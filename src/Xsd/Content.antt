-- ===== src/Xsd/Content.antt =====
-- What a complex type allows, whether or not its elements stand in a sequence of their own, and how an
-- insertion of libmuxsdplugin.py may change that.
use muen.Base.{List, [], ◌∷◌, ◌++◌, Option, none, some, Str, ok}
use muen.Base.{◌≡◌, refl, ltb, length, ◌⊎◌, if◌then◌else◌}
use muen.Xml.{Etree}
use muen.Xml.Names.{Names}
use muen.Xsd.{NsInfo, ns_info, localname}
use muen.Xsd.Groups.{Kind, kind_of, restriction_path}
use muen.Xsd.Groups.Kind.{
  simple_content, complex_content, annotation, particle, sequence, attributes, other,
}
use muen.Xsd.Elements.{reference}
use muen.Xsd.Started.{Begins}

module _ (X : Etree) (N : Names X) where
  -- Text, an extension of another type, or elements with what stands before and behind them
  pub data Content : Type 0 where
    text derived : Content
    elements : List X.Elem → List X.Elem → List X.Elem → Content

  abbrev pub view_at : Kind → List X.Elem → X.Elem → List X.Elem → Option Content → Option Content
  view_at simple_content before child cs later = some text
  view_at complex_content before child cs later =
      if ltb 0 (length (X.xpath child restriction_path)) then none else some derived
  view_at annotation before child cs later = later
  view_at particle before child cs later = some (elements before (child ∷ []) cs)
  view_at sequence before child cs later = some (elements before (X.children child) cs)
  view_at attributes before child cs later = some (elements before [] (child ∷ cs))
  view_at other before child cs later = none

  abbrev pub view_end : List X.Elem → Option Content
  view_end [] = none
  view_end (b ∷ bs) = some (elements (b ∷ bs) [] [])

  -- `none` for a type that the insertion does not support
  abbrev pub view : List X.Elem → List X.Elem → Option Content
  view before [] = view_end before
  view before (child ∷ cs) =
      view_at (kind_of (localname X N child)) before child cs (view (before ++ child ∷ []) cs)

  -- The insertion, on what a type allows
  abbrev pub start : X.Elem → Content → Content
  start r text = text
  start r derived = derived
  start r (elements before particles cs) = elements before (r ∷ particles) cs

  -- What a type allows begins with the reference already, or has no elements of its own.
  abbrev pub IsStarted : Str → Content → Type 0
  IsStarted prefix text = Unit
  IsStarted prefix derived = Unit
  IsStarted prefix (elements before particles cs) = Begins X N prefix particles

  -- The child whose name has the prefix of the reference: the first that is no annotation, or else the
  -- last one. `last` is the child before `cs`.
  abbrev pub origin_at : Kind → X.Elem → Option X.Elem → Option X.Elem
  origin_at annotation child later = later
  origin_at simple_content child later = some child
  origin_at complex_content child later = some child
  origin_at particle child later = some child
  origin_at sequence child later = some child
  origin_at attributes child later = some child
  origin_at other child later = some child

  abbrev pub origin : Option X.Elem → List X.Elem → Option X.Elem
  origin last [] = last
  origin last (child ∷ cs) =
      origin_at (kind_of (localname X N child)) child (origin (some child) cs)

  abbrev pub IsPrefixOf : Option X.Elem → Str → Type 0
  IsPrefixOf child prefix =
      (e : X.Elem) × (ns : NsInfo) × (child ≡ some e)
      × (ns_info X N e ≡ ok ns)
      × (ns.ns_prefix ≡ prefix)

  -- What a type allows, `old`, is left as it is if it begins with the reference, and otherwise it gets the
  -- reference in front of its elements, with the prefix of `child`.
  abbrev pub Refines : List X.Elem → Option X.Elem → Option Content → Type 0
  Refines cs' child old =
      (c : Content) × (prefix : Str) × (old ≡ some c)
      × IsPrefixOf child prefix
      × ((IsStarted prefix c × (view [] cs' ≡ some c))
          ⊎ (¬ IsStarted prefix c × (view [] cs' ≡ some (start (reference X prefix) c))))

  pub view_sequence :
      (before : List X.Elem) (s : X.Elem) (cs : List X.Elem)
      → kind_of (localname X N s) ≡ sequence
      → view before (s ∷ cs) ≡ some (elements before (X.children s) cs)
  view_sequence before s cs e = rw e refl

Requirement.
Out of the data above, set down the lines from the one with "-- What a complex" to the one with "view before [] = view_end before", both included, exactly as written and with no additions.

Result below.
-- What a complex type allows, whether or not its elements stand in a sequence of their own, and how an
-- insertion of libmuxsdplugin.py may change that.
use muen.Base.{List, [], ◌∷◌, ◌++◌, Option, none, some, Str, ok}
use muen.Base.{◌≡◌, refl, ltb, length, ◌⊎◌, if◌then◌else◌}
use muen.Xml.{Etree}
use muen.Xml.Names.{Names}
use muen.Xsd.{NsInfo, ns_info, localname}
use muen.Xsd.Groups.{Kind, kind_of, restriction_path}
use muen.Xsd.Groups.Kind.{
  simple_content, complex_content, annotation, particle, sequence, attributes, other,
}
use muen.Xsd.Elements.{reference}
use muen.Xsd.Started.{Begins}

module _ (X : Etree) (N : Names X) where
  -- Text, an extension of another type, or elements with what stands before and behind them
  pub data Content : Type 0 where
    text derived : Content
    elements : List X.Elem → List X.Elem → List X.Elem → Content

  abbrev pub view_at : Kind → List X.Elem → X.Elem → List X.Elem → Option Content → Option Content
  view_at simple_content before child cs later = some text
  view_at complex_content before child cs later =
      if ltb 0 (length (X.xpath child restriction_path)) then none else some derived
  view_at annotation before child cs later = later
  view_at particle before child cs later = some (elements before (child ∷ []) cs)
  view_at sequence before child cs later = some (elements before (X.children child) cs)
  view_at attributes before child cs later = some (elements before [] (child ∷ cs))
  view_at other before child cs later = none

  abbrev pub view_end : List X.Elem → Option Content
  view_end [] = none
  view_end (b ∷ bs) = some (elements (b ∷ bs) [] [])

  -- `none` for a type that the insertion does not support
  abbrev pub view : List X.Elem → List X.Elem → Option Content
  view before [] = view_end before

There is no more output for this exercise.